• **EXERCISE**
Among the records below, which lines contain the string "later"? Report them.

• **MATERIAL SUPPLIED**

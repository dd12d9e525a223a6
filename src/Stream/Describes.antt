-- ===== src/Stream/Describes.antt =====
-- copy-trader-v1.6.63/src/grpc/subscriber.rs: what a detected trade says of its transaction, by where it was found.
use rust_solana_cc_v.Prelude.{
  ℕ, Bool, true, false, ◌≡◌, ◌⊎◌, refl, Option, none, some, List, [], ◌∷◌, get_elem?, Str, Pubkey,
  arith, Option-cases, Bool-cases, inl, inr, if_cases, not, ltb, ◌||◌, str_eq, str_eq_iff,
}
use mathlib.Core.Path.{subst}
use rust_solana_cc_v.Trade.{pumpfun}
use rust_solana_cc_v.Stream.Types.{
  DetectedTrade, CompiledInstruction, StatusMeta, Message, Transaction, Chain, pumpfun_program,
}
use rust_solana_cc_v.Stream.Direction.{detect_buy_or_sell}
use rust_solana_cc_v.Stream.Lamports.{
  meta_failed, enrich_trade_from_meta, derive_buy_lamports_from_meta,
}
use rust_solana_cc_v.Stream.Instructions.{or_empty, trade_of_instruction, try_parse_instruction}
use rust_solana_cc_v.Stream.Cpi.{serialize_transaction_from_proto, cpi_trade}
use rust_solana_cc_v.Stream.Parse.{first_trade, first_inner_trade, complete_trade}

abbrev pub has_no_meta : Option StatusMeta → Bool
has_no_meta none = true
has_no_meta (some m) = false

-- What a trade says of a transaction with the keys, found for the wallet.
pub record Describes {V : Type 0} (chain : Chain V) (keys : List Pubkey) (wallet : Pubkey) (t : ℕ)
    (meta : Option StatusMeta) (tx : Transaction) (trade : DetectedTrade) : Type 0 where
  pub wallet_is : trade.source_wallet ≡ wallet
  pub keys_are : trade.all_account_keys ≡ keys
  pub kind_is : trade.trade_type ≡ pumpfun
  pub program_is :
      (chain.to_text trade.program_id ≡ pumpfun_program)
      ⊎ (trade.program_id ≡ chain.from_str pumpfun_program)
  pub time_is : trade.detected_at ≡ t
  pub wire_is : trade.raw_transaction_bytes ≡ or_empty (serialize_transaction_from_proto chain tx)
  pub pre_is : trade.is_pre_execution ≡ has_no_meta meta
  pub failed_is : trade.execution_failed ≡ meta_failed meta
  pub sale_without_lamports : (trade.is_buy ≡ true) ⊎ (trade.sol_amount_lamports ≡ 0)

module _ {V : Type 0} (chain : Chain V) where
  open chain use {system_program}

  -- A trade as an instruction gives it, before it is completed.
  pub record Found (keys : List Pubkey) (wallet : Pubkey) (t : ℕ) (trade : DetectedTrade)
      : Type 0 where
    pub wallet_is : trade.source_wallet ≡ wallet
    pub keys_are : trade.all_account_keys ≡ keys
    pub kind_is : trade.trade_type ≡ pumpfun
    pub program_is : chain.to_text trade.program_id ≡ pumpfun_program
    pub time_is : trade.detected_at ≡ t
    pub sale_without_lamports : (trade.is_buy ≡ true) ⊎ (trade.sol_amount_lamports ≡ 0)

  trade_of_instruction-Found :
      (targets : List Pubkey) (p : Pubkey) (bytes accounts : List ℕ) (keys : List Pubkey)
      (signature : Str) (wallet : Pubkey) (t : ℕ)
      → chain.to_text p ≡ pumpfun_program
      → Found keys wallet t
          (trade_of_instruction chain targets p bytes accounts keys signature wallet t)
  unfolding trade_of_instruction
  trade_of_instruction-Found targets p bytes accounts keys signature wallet t is =
      let is_buy = detect_buy_or_sell chain targets bytes pumpfun accounts keys in
      record {
        wallet_is = refl;
        keys_are = refl;
        kind_is = refl;
        program_is = is;
        time_is = refl;
        sale_without_lamports =
            if_cases (λ n. (is_buy ≡ true) ⊎ (n ≡ 0)) is_buy (λ buys. inl buys) (λ sells. inr refl);
      }

  pub first_trade-Found :
      (targets keys : List Pubkey) (signature : Str) (wallet : Pubkey) (t : ℕ)
      (ixs : List CompiledInstruction) (trade : DetectedTrade)
      → first_trade chain targets keys signature wallet t ixs ≡ some trade
      → Found keys wallet t trade
  unfolding first_trade try_parse_instruction
  first_trade-Found targets keys signature wallet t [] trade h = cc
  first_trade-Found targets keys signature wallet t (ix ∷ ixs) trade h =
      let later = first_trade-Found targets keys signature wallet t ixs trade in
      elim (Option-cases (get_elem? keys ix.program_id_index)) [
        | inl e ↦ later (ground arith)
        | inr (p, e) ↦ elim (Bool-cases (str_eq (chain.to_text p) pumpfun_program)) [
          | inr other ↦ later (ground arith)
          | inl is ↦
              let found =
                trade_of_instruction chain targets p ix.bytes ix.accounts keys signature wallet t in
              let same : found ≡ trade = ground arith in
              subst (Found keys wallet t) same (
                trade_of_instruction-Found targets p ix.bytes ix.accounts keys signature wallet t
                  ((str_eq_iff _ _).0 is))
        ]
      ]

  pub first_inner_trade-Found :
      (targets keys : List Pubkey) (signature : Str) (wallet : Pubkey) (t : ℕ)
      (groups : List (List CompiledInstruction)) (trade : DetectedTrade)
      → first_inner_trade chain targets keys signature wallet t groups ≡ some trade
      → Found keys wallet t trade
  unfolding first_inner_trade
  first_inner_trade-Found targets keys signature wallet t [] trade h = cc
  first_inner_trade-Found targets keys signature wallet t (group ∷ groups) trade h =
      elim (Option-cases (first_trade chain targets keys signature wallet t group)) [
        | inl e ↦
            first_inner_trade-Found targets keys signature wallet t groups trade (ground arith)
        | inr (found, e) ↦
            first_trade-Found targets keys signature wallet t group trade (ground arith)
      ]

  -- Amounts that are added to a buy change nothing else.
  enrich-Describes :
      (keys : List Pubkey) (wallet : Pubkey) (t : ℕ) (trade : DetectedTrade) (message : Message)
      (meta : Option StatusMeta) (tx : Transaction)
      → Describes chain keys wallet t meta tx trade
      → Describes chain keys wallet t meta tx
          (enrich_trade_from_meta system_program trade message meta keys)
  unfolding enrich_trade_from_meta
  enrich-Describes keys wallet t trade message none tx d = d
  enrich-Describes keys wallet t trade message (some m) tx d =
      let P = Describes chain keys wallet t (some m) tx in
      if_cases P (not trade.is_buy || ltb 0 trade.sol_amount_lamports) (λ _. d)
        (λ buys.
          elim (derive_buy_lamports_from_meta system_program m message keys trade.source_wallet)
            as (λ o. P (elim o [
              | none ↦ trade
              | some lamports ↦ record trade { sol_amount_lamports = lamports }
            ])) [
              | none ↦ d
              | some lamports ↦ record {
                wallet_is = d.wallet_is;
                keys_are = d.keys_are;
                kind_is = d.kind_is;
                program_is = d.program_is;
                time_is = d.time_is;
                wire_is = d.wire_is;
                pre_is = d.pre_is;
                failed_is = d.failed_is;
                sale_without_lamports = inl (ground arith);
              }
            ])

  pub complete_trade-Describes :
      (keys : List Pubkey) (wallet : Pubkey) (t : ℕ) (trade : DetectedTrade) (message : Message)
      (meta : Option StatusMeta) (tx : Transaction)
      → Found keys wallet t trade
      → Describes chain keys wallet t meta tx
          (complete_trade chain trade (has_no_meta meta) message meta tx keys)
  unfolding complete_trade
  complete_trade-Describes keys wallet t trade message meta tx f =
      let completed : DetectedTrade = record trade {
        raw_transaction_bytes = or_empty (serialize_transaction_from_proto chain tx);
        is_pre_execution = has_no_meta meta;
        execution_failed = meta_failed meta;
      } in
      enrich-Describes keys wallet t completed message meta tx (record {
        wallet_is = f.wallet_is;
        keys_are = f.keys_are;
        kind_is = f.kind_is;
        program_is = inl f.program_is;
        time_is = f.time_is;
        wire_is = refl;
        pre_is = refl;
        failed_is = refl;
        sale_without_lamports = f.sale_without_lamports;
      })

  pub cpi_trade-Describes :
      (keys : List Pubkey) (signature : Str) (wallet : Pubkey) (tx : Transaction) (t : ℕ)
      (mint token_program : Pubkey)
      → Describes chain keys wallet t none tx
          (cpi_trade chain keys signature wallet none tx t mint token_program)
  unfolding cpi_trade
  cpi_trade-Describes keys signature wallet tx t mint token_program = record {
    wallet_is = refl;
    keys_are = refl;
    kind_is = refl;
    program_is = inr refl;
    time_is = refl;
    wire_is = refl;
    pre_is = refl;
    failed_is = refl;
    sale_without_lamports = inr refl;
  }
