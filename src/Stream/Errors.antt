-- ===== src/Stream/Errors.antt =====
-- copy-trader-v1.6.63/src/grpc/subscriber.rs: how the parsing of a transaction ends.
use rust_solana_cc_v.Prelude.{
  ℕ, Bool, true, false, not, ◌≡◌, refl, Option, none, some, List, ◌≤◌, Str, Pubkey, arith, length,
  Option-cases, inl, inr,
}
use rust_solana_cc_v.Stream.Types.{StatusMeta, Message, Transaction, Chain, DetectedTrade}
use rust_solana_cc_v.Stream.Cpi.{
  Outcome, returned, missing_message, log_slices_fit, try_detect_cpi_pumpfun,
}
use rust_solana_cc_v.Stream.Parse.{
  account_keys_of, find_source, rounds, signature_text, parse_transaction,
}

abbrev pub is_returned : Outcome (Option DetectedTrade) → Bool
is_returned (returned r) = true
is_returned _ = false

abbrev pub is_missing : Outcome (Option DetectedTrade) → Bool
is_missing missing_message = true
is_missing _ = false

abbrev has_message : Option Message → Bool
has_message none = false
has_message (some message) = true

module _ {V : Type 0} (chain : Chain V) (long : (k : Pubkey) → 12 ≤ length (chain.to_text k)) where
  slices_fit :
      (wallet token_program : Pubkey) (signature : Str)
      → 8 ≤ length signature
      → log_slices_fit chain wallet token_program signature ≡ true
  unfolding log_slices_fit
  slices_fit wallet token_program signature h = ground (arith, long wallet, long token_program)

  try_detect_returns :
      (targets keys : List Pubkey) (signature : Str) (wallet : Pubkey) (meta : Option StatusMeta)
      (tx : Transaction) (t : ℕ)
      → 8 ≤ length signature
      → is_returned (try_detect_cpi_pumpfun chain targets keys signature wallet meta tx t) ≡ true
  unfolding try_detect_cpi_pumpfun
  try_detect_returns targets keys signature wallet meta tx t h = grind (arith, slices_fit)

  rounds_return :
      (targets keys : List Pubkey) (signature : Str) (wallet : Pubkey) (t : ℕ) (message : Message)
      (meta : Option StatusMeta) (tx : Transaction)
      → 8 ≤ length signature
      → is_returned (rounds chain targets keys signature wallet t message meta tx) ≡ true
  unfolding rounds
  rounds_return targets keys signature wallet t message none tx h =
      ground (arith, try_detect_returns targets keys signature wallet none tx t h)
  rounds_return targets keys signature wallet t message (some m) tx h = ground arith

  -- Where the texts of addresses have at least 12 characters and the signature's text at least 8,
  -- parsing ends with a value, a trade or none, exactly if there is a message, with the error exactly
  -- if there is none, and so never with a panic.
  pub parse_transaction_returns :
      (targets : List Pubkey) (signature : List ℕ) (tx : Transaction) (message : Option Message)
      (meta : Option StatusMeta) (t : ℕ)
      → 8 ≤ length (signature_text chain signature)
      → (is_returned (parse_transaction chain targets signature tx message meta t)
          ≡ has_message message)
        × (is_missing (parse_transaction chain targets signature tx message meta t)
            ≡ not (has_message message))
  unfolding parse_transaction
  parse_transaction_returns targets signature tx none meta t h = (refl, refl)
  parse_transaction_returns targets signature tx (some message) meta t h =
      let keys = account_keys_of message meta in
      elim (Option-cases (find_source targets keys)) [
        | inl n ↦ (ground arith, ground arith)
        | inr (w, n) ↦
            let returns =
              rounds_return targets keys (signature_text chain signature) w t message meta tx h in
            (ground (arith, returns), ground (arith, returns))
      ]
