-- ===== src/Stream/Found.antt =====
-- copy-trader-v1.6.63/src/grpc/subscriber.rs: which transactions hold a trade.
use rust_solana_cc_v.Prelude.{
  ℕ, Bool, true, false, ◌&&◌, ◌||◌, ◌≡◌, refl, Option, none, some, List, [], ◌∷◌, get_elem?, str_eq,
  Str, Pubkey, arith, Option-cases, inl, inr,
}
use rust_solana_cc_v.Groups.Manager.{member}
use rust_solana_cc_v.Stream.Types.{
  DetectedTrade, CompiledInstruction, StatusMeta, Message, Transaction, Chain, pumpfun_program,
}
use rust_solana_cc_v.Stream.Instructions.{try_parse_instruction}
use rust_solana_cc_v.Stream.Cpi.{Outcome, returned}
use rust_solana_cc_v.Stream.Parse.{
  account_keys_of, find_source, first_trade, first_inner_trade, rounds, signature_text,
  parse_transaction,
}

-- Does a test hold of some element?
abbrev pub any {ℓ} : {A : Type ℓ} → (A → Bool) → List A → Bool
any p [] = false
any p (x ∷ xs) = p x || any p xs

abbrev pub is_trade : Outcome (Option DetectedTrade) → Bool
is_trade (returned (some trade)) = true
is_trade _ = false

abbrev is_there {ℓ} : {A : Type ℓ} → Option A → Bool
is_there none = false
is_there (some x) = true

find_source-any :
    (targets keys : List Pubkey)
    → is_there (find_source targets keys) ≡ any (λ k. member k targets) keys
unfolding find_source
find_source-any targets [] = refl
find_source-any targets (k ∷ ks) = ground (arith, find_source-any targets ks)

module _ {V : Type 0} (chain : Chain V) where
  open chain use {to_text}

  -- Is the instruction one of a program whose text is Pump.fun's?
  abbrev pub calls_pumpfun : List Pubkey → CompiledInstruction → Bool
  calls_pumpfun keys ix = elim (get_elem? keys ix.program_id_index) [
    | none ↦ false
    | some p ↦ str_eq (to_text p) pumpfun_program
  ]

  first_trade-any :
      (targets keys : List Pubkey) (signature : Str) (wallet : Pubkey) (t : ℕ)
      (ixs : List CompiledInstruction)
      → is_there (first_trade chain targets keys signature wallet t ixs)
        ≡ any (calls_pumpfun keys) ixs
  unfolding first_trade try_parse_instruction
  first_trade-any targets keys signature wallet t [] = refl
  first_trade-any targets keys signature wallet t (ix ∷ ixs) =
      ground (arith, first_trade-any targets keys signature wallet t ixs)

  first_inner_trade-any :
      (targets keys : List Pubkey) (signature : Str) (wallet : Pubkey) (t : ℕ)
      (groups : List (List CompiledInstruction))
      → is_there (first_inner_trade chain targets keys signature wallet t groups)
        ≡ any (any (calls_pumpfun keys)) groups
  unfolding first_inner_trade
  first_inner_trade-any targets keys signature wallet t [] = refl
  first_inner_trade-any targets keys signature wallet t (group ∷ groups) = ground (
    arith,
    first_inner_trade-any targets keys signature wallet t groups,
    first_trade-any targets keys signature wallet t group,
  )

  rounds-any :
      (targets keys : List Pubkey) (signature : Str) (wallet : Pubkey) (tx : Transaction)
      (message : Message) (m : StatusMeta) (t : ℕ)
      → is_trade (rounds chain targets keys signature wallet t message (some m) tx) ≡ (
          any (calls_pumpfun keys) message.instructions
          || any (any (calls_pumpfun keys)) m.inner_instructions)
  unfolding rounds
  rounds-any targets keys signature wallet tx message m t = ground (
    arith,
    first_trade-any targets keys signature wallet t message.instructions,
    first_inner_trade-any targets keys signature wallet t m.inner_instructions,
  )

  -- Of an executed transaction a trade is found exactly if a key of it is a target and an instruction of
  -- it, or an inner one, is one of Pump.fun, by the texts of the programs.
  pub parse_transaction-executed :
      (targets : List Pubkey) (signature : List ℕ) (tx : Transaction) (message : Message)
      (m : StatusMeta) (t : ℕ)
      → is_trade (parse_transaction chain targets signature tx (some message) (some m) t) ≡ (
          let keys = account_keys_of message (some m) in
          any (λ k. member k targets) keys
          && (any (calls_pumpfun keys) message.instructions
              || any (any (calls_pumpfun keys)) m.inner_instructions))
  unfolding parse_transaction
  parse_transaction-executed targets signature tx message m t =
      let keys = account_keys_of message (some m) in
      let rounds_any = λ (wallet : Pubkey).
        rounds-any targets keys (signature_text chain signature) wallet tx message m t in
      elim (Option-cases (find_source targets keys)) [
        | inl e ↦ ground (arith, find_source-any targets keys)
        | inr (w, e) ↦ ground (arith, find_source-any targets keys, rounds_any w)
      ]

• **YOUR SOLUTION**
      let later = first_trade-Found targets keys signature wallet t ixs trade in
        | inl e ↦ later (ground arith)
          | inr other ↦ later (ground arith)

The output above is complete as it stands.